The feast of Bricrind is one of the tales preserved in this
manuscript. The author of the tale in its present form, whenever he
lived, composed it, having before him original books which he
collated, using his judgment at times upon the materials to his
hand. At one stage he observes that the books are at variance on a
certain point, namely, that at which Cuculain, Conal the
Victorious, and Laery Buada go to the lake of Uath in order to be
judged by him. Some of the books, according to the author, stated
that on this occasion the two latter behaved unfairly, but he
agreed with those books which did not state this.

We have, therefore, a tale penned in the eleventh century, composed
at some time prior to this, and itself collected, not from oral
tradition, but from books. These considerations would, therefore,
render it extremely probable that the tales of the Ultonian period,
with which the Leabhar na Huidhre is principally concerned, were
committed to writing at a very early period.

To strengthen still further the general historic credibility of
these tales, and to show how close to the events and heroes
described must have been the bards who originally composed them, I
would urge the following considerations.

With the advent of Christianity the mound-raising period passed
away. The Irish heroic tales have their source in, and draw their
interest from, the mounds and those laid in them. It would,
therefore, be extremely improbable that the bards of the Christian
period, when the days of rath and cairn had departed, would modify,
to any considerable extent, the literature produced in conditions
of society which had passed away.

Again, with the advent of Christianity, and the hold which the new
faith took upon the finest and boldest minds in the country, it is
plain that the golden age of bardic composition ended. The loss to
the bards was direct, by the withdrawal of so much intellect from
their ranks, and indirect, by the general substitution of other
ideas for those whose ministers they themselves were. It is,
therefore, probable that the age of production and creation, with
regard to the ethnic history, ceased about the fifth and sixth
centuries, and that, about that time, men began to gather up into a
collected form the floating literature connected with the pagan
period. The general current of mediaeval opinion attributes the
collection of tales and ballads now known as the Tan-Bo-Cooalney to
St. Ciaran, the great founder of the monastery of Clonmacnoise.
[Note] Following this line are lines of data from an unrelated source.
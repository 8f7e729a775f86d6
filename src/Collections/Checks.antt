-- ===== src/Collections/Checks.antt =====
-- What the checks of collections/model.py and collections/service.py let through.
use clipgauge.Common.{
  ◌≤◌, String, ◌≡◌, refl, Bool, true, false, ◌&&◌, ◌||◌, not, Option, none, some, List, arith, ltb,
  if_ind, length, Result, ok, err, map, All, Holds, Holds-bind,
}
use clipgauge.Json.{Value, Fields, Items, get, as_object, is_num}
use clipgauge.Text.{is_blank, squash, strip, char_count, starts_word}
use clipgauge.Text.Words.{char_count-first_chars_le}
use clipgauge.Text.Starts.{squash-starts_word, starts_word-first_chars}
use clipgauge.Collections.{
  Printing, Refusal, Collection, title_limit, summary_limit, are_unique, all_in, check_clips,
  validate_collection, py_strs, text_or, validated, validate_ids,
}
use clipgauge.Collections.Service.{
  File, normalize_title, requested_clips, validate_items, cons_ok, load, load_rows, load_fields,
  inner, collections_schema_version,
}
use clipgauge.Collections.Stored.{IsValid}

-- Different clips of the job.
abbrev pub AreClips : List String → List String → Type 0
AreClips valid ids = (are_unique ids ≡ true) × (all_in valid ids ≡ true)

not-false : (b : Bool) → not b ≡ false → b ≡ true
not-false b h = ground arith

pub check_clips-Holds :
    (two : Bool) (valid ids : List String)
    → Holds (λ out. (out ≡ ids) × AreClips valid out) (check_clips two valid ids)
unfolding check_clips
check_clips-Holds two valid ids =
    if_ind (Holds (λ out. (out ≡ ids) × AreClips valid out)) (two && ltb (length ids) 2) (λ _. tt)
      (λ _.
        if_ind (Holds (λ out. (out ≡ ids) × AreClips valid out)) (not (are_unique ids)) (λ _. tt)
          (λ u.
            if_ind (Holds (λ out. (out ≡ ids) × AreClips valid out)) (not (all_in valid ids))
              (λ _. tt)
              (λ k. (refl, (not-false (are_unique ids) u, not-false (all_in valid ids) k)))))

pub requested_clips-Holds :
    (valid ids : List String)
    → Holds (λ out. (out ≡ map strip ids) × AreClips valid out) (requested_clips valid ids)
unfolding requested_clips
requested_clips-Holds valid ids = check_clips-Holds true valid (map strip ids)

-- A title that is accepted.
abbrev pub IsTitle : String → Type 0
IsTitle t = (starts_word t ≡ true) × (char_count t ≤ title_limit)

pub normalize_title-Holds :
    (title : String) → Holds (λ t. (t ≡ squash title) × IsTitle t) (normalize_title title)
unfolding normalize_title
normalize_title-Holds title =
    if_ind (Holds (λ t. (t ≡ squash title) × IsTitle t)) (is_blank (squash title)) (λ _. tt)
      (λ b.
        if_ind (Holds (λ t. (t ≡ squash title) × IsTitle t))
          (ltb title_limit (char_count (squash title))) (λ _. tt)
          (λ l. (refl, (squash-starts_word title b, ground arith))))

or-false : (a b : Bool) → (a || b) ≡ false → (a ≡ false) × (b ≡ false)
or-false a b h = (ground arith, ground arith)

module _ (py : Printing) (valid : List String) where
  validate_ids-Holds :
      (fs : Fields) (id title : String) (clips : Option Value)
      → is_blank id ≡ false
      → starts_word title ≡ true
      → Holds (IsValid valid) (validate_ids py valid false fs id title clips)
  unfolding validate_collection
  validate_ids-Holds fs id title (some (Value.arr items)) n t =
      Holds-bind (λ out. (out ≡ py_strs py items) × AreClips valid out) (IsValid valid)
        (check_clips false valid (py_strs py items)) (λ ids. ok (validated py fs id title ids))
        (check_clips-Holds false valid (py_strs py items))
        (λ out k. record {
          named = n;
          titled = starts_word-first_chars 119 title t;
          short = char_count-first_chars_le title_limit title;
          brief =
              char_count-first_chars_le summary_limit (squash (text_or py "" (get fs "summary")));
          unique = k.1.0;
          known = k.1.1;
        })
  validate_ids-Holds fs id title (some (Value.obj o)) n t = tt
  validate_ids-Holds fs id title (some (Value.str s)) n t = tt
  validate_ids-Holds fs id title (some (Value.num m)) n t = tt
  validate_ids-Holds fs id title (some (Value.number l)) n t = tt
  validate_ids-Holds fs id title (some (Value.bool b)) n t = tt
  validate_ids-Holds fs id title (some Value.null) n t = tt
  validate_ids-Holds fs id title none n t = tt

  validate_collection-Holds :
      (v : Value) → Holds (IsValid valid) (validate_collection py valid false v)
  unfolding validate_collection
  validate_collection-Holds (Value.obj fs) =
      let id = text_or py "" (get fs "id") in
      let title = squash (text_or py "" (get fs "title")) in
      if_ind (Holds (IsValid valid)) (is_blank id || is_blank title) (λ _. tt)
        (λ e.
          let both = or-false (is_blank id) (is_blank title) e in
          validate_ids-Holds fs id title (get fs "clip_ids") both.0
            (squash-starts_word (text_or py "" (get fs "title")) both.1))
  validate_collection-Holds (Value.arr o) = tt
  validate_collection-Holds (Value.str s) = tt
  validate_collection-Holds (Value.num m) = tt
  validate_collection-Holds (Value.number l) = tt
  validate_collection-Holds (Value.bool b) = tt
  validate_collection-Holds Value.null = tt

  module _ (job : String) where
    pub cons_ok-Holds :
        (c : Result Refusal Collection) (rest : Result Refusal (List Collection))
        → Holds (IsValid valid) c
        → Holds (All (IsValid valid)) rest
        → Holds (All (IsValid valid)) (cons_ok c rest)
    cons_ok-Holds (ok c) (ok cs) h k = (h, k)
    cons_ok-Holds (ok c) (err e) h k = tt
    cons_ok-Holds (err e) rest h k = tt

    validate_items-Holds :
        (vs : Items) → Holds (All (IsValid valid)) (validate_items py job valid vs)
    validate_items-Holds Items.nil = tt
    validate_items-Holds (Items.cons v vs) =
        cons_ok-Holds (validate_collection py valid false v) (validate_items py job valid vs)
          (validate_collection-Holds v) (validate_items-Holds vs)

    load_rows-Holds : (v : Option Value) → Holds (All (IsValid valid)) (load_rows py job valid v)
    load_rows-Holds (some (Value.arr items)) = validate_items-Holds items
    load_rows-Holds (some (Value.obj o)) = tt
    load_rows-Holds (some (Value.str s)) = tt
    load_rows-Holds (some (Value.num m)) = tt
    load_rows-Holds (some (Value.number l)) = tt
    load_rows-Holds (some (Value.bool b)) = tt
    load_rows-Holds (some Value.null) = tt
    load_rows-Holds none = tt

    load_fields-Holds :
        (fs : Option Fields) → Holds (All (IsValid valid)) (load_fields py job valid fs)
    load_fields-Holds none = tt
    load_fields-Holds (some fs) =
        let body = inner fs (as_object (get fs "data")) in
        if_ind (Holds (All (IsValid valid)))
          (is_num (get body "schema_version") collections_schema_version)
          (λ _. load_rows-Holds (get body "collections")) (λ _. tt)

    -- Whatever the file holds, the collections that are loaded from it are valid.
    pub load-Holds : (file : File) → Holds (All (IsValid valid)) (load py job valid file)
    unfolding load
    load-Holds File.absent = tt
    load-Holds File.garbled = tt
    load-Holds (File.holds v) = load_fields-Holds (as_object (some v))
But if this be the case, we are enabled to take another step in the
history of this most valuable literature. The tales of the Leabhar
na Huidhre are in prose, but prose whose source and original is
poetry. The author, from time to time, as if quoting an authority,
breaks out with verse; and I think there is no Irish tale in
existence without these rudimentary traces of a prior metrical
cycle. The style and language are quite different, and indicate two
distinct epochs. The prose tale is founded upon a metrical
original, and composed in the meretricious style then in fashion,
while the old metrical excerpts are pure and simple. This is
sufficient, in a country like Ireland in those primitive times, to
necessitate a considerable step into the past, if we desire to get
at the originals upon which the prose tales were founded.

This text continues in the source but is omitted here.